### [Task description]
In full and word for word, give the records again.

### [Extracted entries]
=-=-=-=-=
-- ===== src/Kube/Client/Laws.antt =====
-- What a patch that the client reports as made was.
use deploy_gateway.Base.{
  String, ◌==◌, ◌||◌, ◌≡◌, ◌≢◌, refl, sym, ap, ◌∙◌, Bool, true, false, Option, none, some, GoError,
  new_error, eq_iff, if◌then◌else◌,
}
use deploy_gateway.Kube.Stamp.{restart_stamp}
use deploy_gateway.Kube.Patch.{restart_patch, rollout_patch}
use deploy_gateway.Kube.Client.{
  Deployments, try_restart, restart_deployment, try_rollout, rollout_deployment,
}

module _ (D : Deployments) where
  -- The tries of a function from one state on: each but the last ended in a conflict, and some time
  -- passed before the next.
  pub data Tries (f : D.State → Option GoError × D.State) (r : Option GoError × D.State)
      : D.State → Type 0 where
    last_try : {s : D.State} → r ≡ f s → Tries f r s
    next_try :
        {s s' : D.State} {e : GoError}
        → (f s).0 ≡ some e
        → D.is_conflict e ≡ true
        → Tries f r s'
        → Tries f r s

  -- `RetryOnConflict` tries again as long as there is a conflict, and returns what the last try did.
  pub record Retries : Type 0 where
    pub tries :
        (f : D.State → Option GoError × D.State) (s : D.State) → Tries f (D.retry_on_conflict f s) s

  -- The API server took the body in some state, and the patch's own state is the one that is left.
  pub record Taken (namespace name : String) (body : D.State → String) (s' : D.State) : Type 0 where
    pub at : D.State
    pub taken : D.patch namespace name (body at) at ≡ (none, s')

  Tries-Taken :
      (namespace name : String) (body : D.State → String) (r : Option GoError × D.State)
      (s : D.State)
      → Tries (λ x. D.patch namespace name (body x) x) r s
      → r.0 ≡ none
      → Taken namespace name body r.1
  Tries-Taken namespace name body (e, s') s (last_try h) k = record {
    at = s;
    taken = sym h ∙ ap (λ x. (x, s')) k;
  }
  Tries-Taken namespace name body r s (next_try _ _ t) k = Tries-Taken namespace name body r _ t k

  module _ (retries : Retries) where
    pub restart_deployment-Taken :
        (namespace name : String) (s : D.State)
        → (restart_deployment D namespace name s).0 ≡ none
        → Taken namespace name
            (λ x. restart_patch D.is_print (restart_stamp (D.clock x)))
            (restart_deployment D namespace name s).1
    unfolding restart_deployment try_restart
    restart_deployment-Taken namespace name s h =
        Tries-Taken namespace name _ _ s (retries.tries _ s) h

    pub rollout_deployment-Taken :
        (namespace name container image : String) (s : D.State)
        → (rollout_deployment D namespace name container image s).0 ≡ none
        → (container ≢ "")
          × (image ≢ "")
          × Taken namespace name
              (λ x. rollout_patch D.is_print (restart_stamp (D.clock x)) container image)
              (rollout_deployment D namespace name container image s).1
    unfolding rollout_deployment try_rollout
    rollout_deployment-Taken namespace name container image s h =
        checked (container == "") (image == "") refl refl h
      where
        checked :
            (b d : Bool)
            → (container == "") ≡ b
            → (image == "") ≡ d
            → let r =
                if b || d
                then (some (new_error "rollout requires container and image"), s)
                else D.retry_on_conflict (try_rollout D namespace name container image) s in
              r.0 ≡ none
              → (container ≢ "")
                × (image ≢ "")
                × Taken namespace name
                    (λ x. rollout_patch D.is_print (restart_stamp (D.clock x)) container image)
                    r.1
        checked true d e g k = cc
        checked false true e g k = cc
        checked false false e g k = (
          λ empty. let t = (eq_iff container "").1 empty in cc,
          λ empty. let t = (eq_iff image "").1 empty in cc,
          Tries-Taken namespace name _ _ s (retries.tries _ s) k,
        )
=-=-=-=-=
### [Output of the exercise]
-- ===== src/Kube/Client/Laws.antt =====
-- What a patch that the client reports as made was.
use deploy_gateway.Base.{
  String, ◌==◌, ◌||◌, ◌≡◌, ◌≢◌, refl, sym, ap, ◌∙◌, Bool, true, false, Option, none, some, GoError,
  new_error, eq_iff, if◌then◌else◌,
}
use deploy_gateway.Kube.Stamp.{restart_stamp}
use deploy_gateway.Kube.Patch.{restart_patch, rollout_patch}
use deploy_gateway.Kube.Client.{
  Deployments, try_restart, restart_deployment, try_rollout, rollout_deployment,
}

module _ (D : Deployments) where
  -- The tries of a function from one state on: each but the last ended in a conflict, and some time
  -- passed before the next.
  pub data Tries (f : D.State → Option GoError × D.State) (r : Option GoError × D.State)
      : D.State → Type 0 where
    last_try : {s : D.State} → r ≡ f s → Tries f r s
    next_try :
        {s s' : D.State} {e : GoError}
        → (f s).0 ≡ some e
        → D.is_conflict e ≡ true
        → Tries f r s'
        → Tries f r s

  -- `RetryOnConflict` tries again as long as there is a conflict, and returns what the last try did.
  pub record Retries : Type 0 where
    pub tries :
        (f : D.State → Option GoError × D.State) (s : D.State) → Tries f (D.retry_on_conflict f s) s

  -- The API server took the body in some state, and the patch's own state is the one that is left.
  pub record Taken (namespace name : String) (body : D.State → String) (s' : D.State) : Type 0 where
    pub at : D.State
    pub taken : D.patch namespace name (body at) at ≡ (none, s')

  Tries-Taken :
      (namespace name : String) (body : D.State → String) (r : Option GoError × D.State)
      (s : D.State)
      → Tries (λ x. D.patch namespace name (body x) x) r s
      → r.0 ≡ none
      → Taken namespace name body r.1
  Tries-Taken namespace name body (e, s') s (last_try h) k = record {
    at = s;
    taken = sym h ∙ ap (λ x. (x, s')) k;
  }
  Tries-Taken namespace name body r s (next_try _ _ t) k = Tries-Taken namespace name body r _ t k

  module _ (retries : Retries) where
    pub restart_deployment-Taken :
        (namespace name : String) (s : D.State)
        → (restart_deployment D namespace name s).0 ≡ none
        → Taken namespace name
            (λ x. restart_patch D.is_print (restart_stamp (D.clock x)))
            (restart_deployment D namespace name s).1
    unfolding restart_deployment try_restart
    restart_deployment-Taken namespace name s h =
        Tries-Taken namespace name _ _ s (retries.tries _ s) h

    pub rollout_deployment-Taken :
        (namespace name container image : String) (s : D.State)
        → (rollout_deployment D namespace name container image s).0 ≡ none
        → (container ≢ "")
          × (image ≢ "")
          × Taken namespace name
              (λ x. rollout_patch D.is_print (restart_stamp (D.clock x)) container image)
              (rollout_deployment D namespace name container image s).1
    unfolding rollout_deployment try_rollout
    rollout_deployment-Taken namespace name container image s h =
        checked (container == "") (image == "") refl refl h
      where
        checked :
            (b d : Bool)
            → (container == "") ≡ b
            → (image == "") ≡ d
            → let r =
                if b || d
                then (some (new_error "rollout requires container and image"), s)
                else D.retry_on_conflict (try_rollout D namespace name container image) s in
              r.0 ≡ none
              → (container ≢ "")
                × (image ≢ "")
                × Taken namespace name
                    (λ x. rollout_patch D.is_print (restart_stamp (D.clock x)) container image)
                    r.1
        checked true d e g k = cc
        checked false true e g k = cc
        checked false false e g k = (
          λ empty. let t = (eq_iff container "").1 empty in cc,
          λ empty. let t = (eq_iff image "").1 empty in cc,
          Tries-Taken namespace name _ _ s (retries.tries _ s) k,
        )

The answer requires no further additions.